Hi, we are going to start driving my granddaughters pony fairly soon I hope.When we do start driving what safety measures are needed for the driver and the pony? I just can't recall at the moment seeing anyone wear helmets when driving.You still have a head and accidents can happen? I used to drive a pony when I was a kid but those were pre-helmet days and that pony was mostly good but he did haul butt and turn the cart over a time or two. What are the most common driving injuries? Thanks guys.
_Posted via Mobile Device_


----------



## Clayton Taffy (May 24, 2011)

The number one rule is...

*NEVER take the bridle off while the horse is hooked to the vehicle..* 
Under any circumstances. 

I never leave my horse unattended while hooked up, even tied. If I forgot my helmet or whip in the tackroom and my horse was hooked, I would completely unhook him get what I forgot then hook back up. 

Always carry a whip and always wear a helmet


----------



## oobiedoo (Apr 28, 2012)

Thanks, That hadn't even crossed my mind yet but makes o perfect sense. Forewarned is fore-armed.
_Posted via Mobile Device_


----------



## greentree (Feb 27, 2013)

Always have your cell phone on YOU, not in the cart. If you get pitched out, you need to be able to call for help.
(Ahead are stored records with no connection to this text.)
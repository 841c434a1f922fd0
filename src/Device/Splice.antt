-- ===== src/Device/Splice.antt =====
-- What the write of one block changes, byte by byte.
use viperblock.Prelude.{
  ℕ, suc, ◌+◌, ◌≤◌, ◌<◌, ◌≡◌, refl, sym, ap, subst, ◌∙◌, none, some, Option, arith, ◌==◌,
  if◌then◌else◌, length, Bool-cases, Option-cases, inl, inr,
}
use viperblock.Words.{u64, add64}
use viperblock.Bytes.{Bytes}
use viperblock.Block.{BlockEntry}
use viperblock.Numbering.{SeqError, Reserved, reserve_seq_num}
use viperblock.Store.{Store, entry, put}
use viperblock.Store.Writers.{write_with_seq_num, hot_entry}
use viperblock.Store.View.{IsValid, entry-put}
use viperblock.Store.View.Writers.{put-IsValid, view-put}
use viperblock.Device.Buffer.{chosen, passed}
use viperblock.Device.Decode.{IsCodec}
use viperblock.Device.Read.{Volume, Location, Found, find_block, find_entry}
use viperblock.Device.Collect.{own_location, base_location, ancestor_location, found_of, IsPacked}
use viperblock.Device.Layers.{World, IsSound}
use viperblock.Device.Write.{Device, Env, WriteError, publish_as, publish}
use viperblock.Device.Reserve.{reserve_one}

-- The store is well-formed and sound, and no entry's number is ahead of the counter.

pub record IsDevice (vb : Volume) (d : Device) : Type 0 where
  pub valid : IsValid d.memory.store
  pub bounded :
      (b : ℕ) (e : BlockEntry) → entry d.memory.store b ≡ some e → e.seq_num ≤ d.counter.seq_num
  pub sound : IsSound vb d.memory.store

module _ (vb : Volume) (world : World) (codec : IsCodec vb.codec) where
  -- `d'` is `d` with the bytes of block `b` replaced.
  pub record IsPut (d d' : Device) (b : ℕ) (bytes : Bytes) : Type 0 where
    pub ready : IsDevice vb d'
    pub counted : d'.counter.seq_num ≡ d.counter.seq_num + 1
    pub found :
        (j : ℕ)
        → found_of vb d'.memory.store j
          ≡ (if b == j then Found.in_memory bytes else found_of vb d.memory.store j)

  -- the store with the new entry
  put_hot :
      (s : Store) (last b : ℕ) (bytes : Bytes)
      → IsValid s
      → ((j : ℕ) (e : BlockEntry) → entry s j ≡ some e → e.seq_num ≤ last)
      → write_with_seq_num s b bytes (last + 1) ≡ put s b (hot_entry bytes (last + 1))
  unfolding write_with_seq_num
  put_hot s last b bytes v bounded = elim (Option-cases (entry s b)) [
    | inl e ↦ ground (arith, e)
    | inr (x, e) ↦ ground (arith, e, bounded b x e)
  ]

  hot_found :
      (s : Store) (b j n : ℕ) (bytes : Bytes)
      → IsValid s
      → found_of vb (put s b (hot_entry bytes n)) j
        ≡ (if b == j then Found.in_memory bytes else found_of vb s j)
  unfolding find_block find_entry
  hot_found s b j n bytes v =
      ap (find_block vb j) (view-put s v b (hot_entry bytes n) j) ∙ ground arith

  -- a location that is found after the write was found before
  located_before :
      (place : Found → Option Location) (s s' : Store) (b j : ℕ) (bytes : Bytes) (l : Location)
      → place (Found.in_memory bytes) ≡ none
      → found_of vb s' j ≡ (if b == j then Found.in_memory bytes else found_of vb s j)
      → place (found_of vb s' j) ≡ some l
      → place (found_of vb s j) ≡ some l
  located_before place s s' b j bytes l never now h = elim (Bool-cases (b == j)) [
    | inl here ↦
        let at : found_of vb s' j ≡ Found.in_memory bytes = now ∙ chosen _ _ _ here in
        absurd (clash (sym never ∙ ap place (sym at) ∙ h))
    | inr other ↦ ap place (sym (now ∙ passed _ _ _ other)) ∙ h
  ]
    where
      clash : {x : Location} → none ≡ some x → ⊥
      clash e = cc

  still_packed :
      (stride : ℕ) (place : Found → Option Location) (s s' : Store) (b : ℕ) (bytes : Bytes)
      → place (Found.in_memory bytes) ≡ none
      → ((j : ℕ) → found_of vb s' j ≡ (if b == j then Found.in_memory bytes else found_of vb s j))
      → IsPacked stride (λ j. place (found_of vb s j))
      → IsPacked stride (λ j. place (found_of vb s' j))
  still_packed stride place s s' b bytes never now p j l l' e e' =
      p j l l' (located_before place s s' b j bytes l never (now j) e)
        (located_before place s s' b (suc j) bytes l' never (now (suc j)) e')

  still-IsSound :
      (s s' : Store) (b : ℕ) (bytes : Bytes)
      → length bytes ≡ vb.codec.block_size
      → ((j : ℕ) → found_of vb s' j ≡ (if b == j then Found.in_memory bytes else found_of vb s j))
      → IsSound vb s
      → IsSound vb s'
  still-IsSound s s' b bytes whole now sound = record {
    full = λ j c e. elim (Bool-cases (b == j)) [
      | inl here ↦ ap length (same_bytes (sym e ∙ now j ∙ chosen _ _ _ here)) ∙ whole
      | inr other ↦ sound.full j c (sym (now j ∙ passed _ _ _ other) ∙ e)
    ];
    own = still_packed _ own_location s s' b bytes refl now sound.own;
    base = still_packed _ base_location s s' b bytes refl now sound.base;
    ancestors =
        λ ai. still_packed _ (ancestor_location ai) s s' b bytes refl now (sound.ancestors ai);
  }
    where
      same_bytes : {x y : Bytes} → Found.in_memory x ≡ Found.in_memory y → x ≡ y
      same_bytes e = cc

  publish-start :
      (env : Env) (b first : ℕ) (bytes : Bytes) (d d' : Device)
      → (reserve_seq_num env.random env.disk 1 d.counter).1 ≡ Reserved.start first
      → publish env b vb.codec.block_size bytes d ≡ (d', none)
      → (d'.counter ≡ (reserve_seq_num env.random env.disk 1 d.counter).0)
        × (d'.memory.store ≡ write_with_seq_num d.memory.store b bytes (add64 first 1))
  unfolding publish publish_as
  publish-start env b first bytes d d' at h =
      let (counter, reserved) = reserve_seq_num env.random env.disk 1 d.counter in
      let q =
        sym (ap (λ r. publish_as b vb.codec.block_size bytes r (record d { counter = counter })) at)
        ∙ h in
      (sym (ap (λ t. t.0.counter) q), sym (ap (λ t. t.0.memory.store) q))

  publish_error :
      (env : Env) (b : ℕ) (e : SeqError) (bytes : Bytes) (d d' : Device)
      → (reserve_seq_num env.random env.disk 1 d.counter).1 ≡ Reserved.error e
      → publish env b vb.codec.block_size bytes d ≡ (d', none)
      → ⊥
  unfolding publish publish_as
  publish_error env b e bytes d d' at h =
      let (counter, reserved) = reserve_seq_num env.random env.disk 1 d.counter in
      clash (
        ap (λ t. t.1)
          (sym (
              ap (λ r. publish_as b vb.codec.block_size bytes r (record d { counter = counter }))
                at)
            ∙ h))
    where
      clash : {x : WriteError} → some x ≡ none → ⊥
      clash e = cc

  pub publish-IsPut :
      (env : Env) (b : ℕ) (bytes : Bytes) (d d' : Device)
      → IsDevice vb d
      → d.counter.seq_num + 1 < u64
      → length bytes ≡ vb.codec.block_size
      → publish env b vb.codec.block_size bytes d ≡ (d', none)
      → IsPut d d' b bytes
  publish-IsPut env b bytes d d' ready room whole h =
      started (reserve_seq_num env.random env.disk 1 d.counter).1 refl
    where
      started :
          (r : Reserved)
          → (reserve_seq_num env.random env.disk 1 d.counter).1 ≡ r
          → IsPut d d' b bytes
      started (Reserved.error e) at = absurd (publish_error env b e bytes d d' at h)
      started (Reserved.start first) at =
          let s = d.memory.store in
          let n = d.counter.seq_num + 1 in
          let (counter, store) = publish-start env b first bytes d d' at h in
          let (number, raised) = reserve_one env.random env.disk d.counter first room at in
          let counted : d'.counter.seq_num ≡ n = ap (λ c. c.seq_num) counter ∙ raised in
          let next : add64 first 1 ≡ n = omega (arith, number, room) in
          let new : d'.memory.store ≡ put s b (hot_entry bytes n) =
            store
            ∙ ap (write_with_seq_num s b bytes) next
            ∙ put_hot s d.counter.seq_num b bytes ready.valid ready.bounded in
          let now =
            λ (j : ℕ). ap (λ t. found_of vb t j) new ∙ hot_found s b j n bytes ready.valid in
          record {
            ready = record {
              valid = subst IsValid (sym new) (put-IsValid s ready.valid b (hot_entry bytes n));
              bounded = λ j e here.
                  let before : entry (put s b (hot_entry bytes n)) j ≡ some e =
                    ap (λ t. entry t j) (sym new) ∙ here in
                  ground (
                    arith,
                    counted,
                    entry-put s ready.valid.sharded b (hot_entry bytes n) j,
                    before,
                    ready.bounded j e,
                  );
              sound = still-IsSound s d'.memory.store b bytes whole now ready.sound;
            };
            counted = counted;
            found = now;
          }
I always wear a helmet, driving or riding. 

Practice a routine to get the horse to the carriage, and do it the SAME, every time. I do one side completely, then the other, which some feel is not the safe way, but I usually hitch by myself, and do not want to forget something by switching sides back and forth. 

Good Luck!!

Nancy


----------



## littrella (Aug 28, 2010)

Everything above plus a good sharp knife & a small can of wasp spray. It doesn't bloey back like pepper spray & had a longer range
_Posted via Mobile Device_


----------



## oobiedoo (Apr 28, 2012)

Ok, the wasp spray is for dogs? Or people boogers? 
Thank you


----------



## littrella (Aug 28, 2010)

Lol. Which ever you need it for.
_Posted via Mobile Device_


----------



## churumbeque (Dec 20, 2009)

oobiedoo said:


> Hi, we are going to start driving my granddaughters pony fairly soon I hope.When we do start driving what safety measures are needed for the driver and the pony? I just can't recall at the moment seeing anyone wear helmets when driving.You still have a head and accidents can happen? I used to drive a pony when I was a kid but those were pre-helmet days and that pony was mostly good but he did haul butt and turn the cart over a time or two. What are the most common driving injuries? Thanks guys.
> _Posted via Mobile Device_


 I would suggest you get some books and read up. There is lots to know that you may or may not have learned from years ago. If available I would seek out some instructions from some one in person.


----------



## equaeternal (May 8, 2014)

I've never driven with out a helmet on. Definitely keep a small knife on your as others have mentioned. Also desensitizing the horse to the cart and environmental stressors. Also some driving gloves help.


----------



## jimmy (Aug 26, 2009)

the main fault with new drivers ,especially with a quiet pony is over confidence after they have been out a few times and start believing they have cracked it and it's easy.i think my advice would be to treat every time like it's the first time,


----------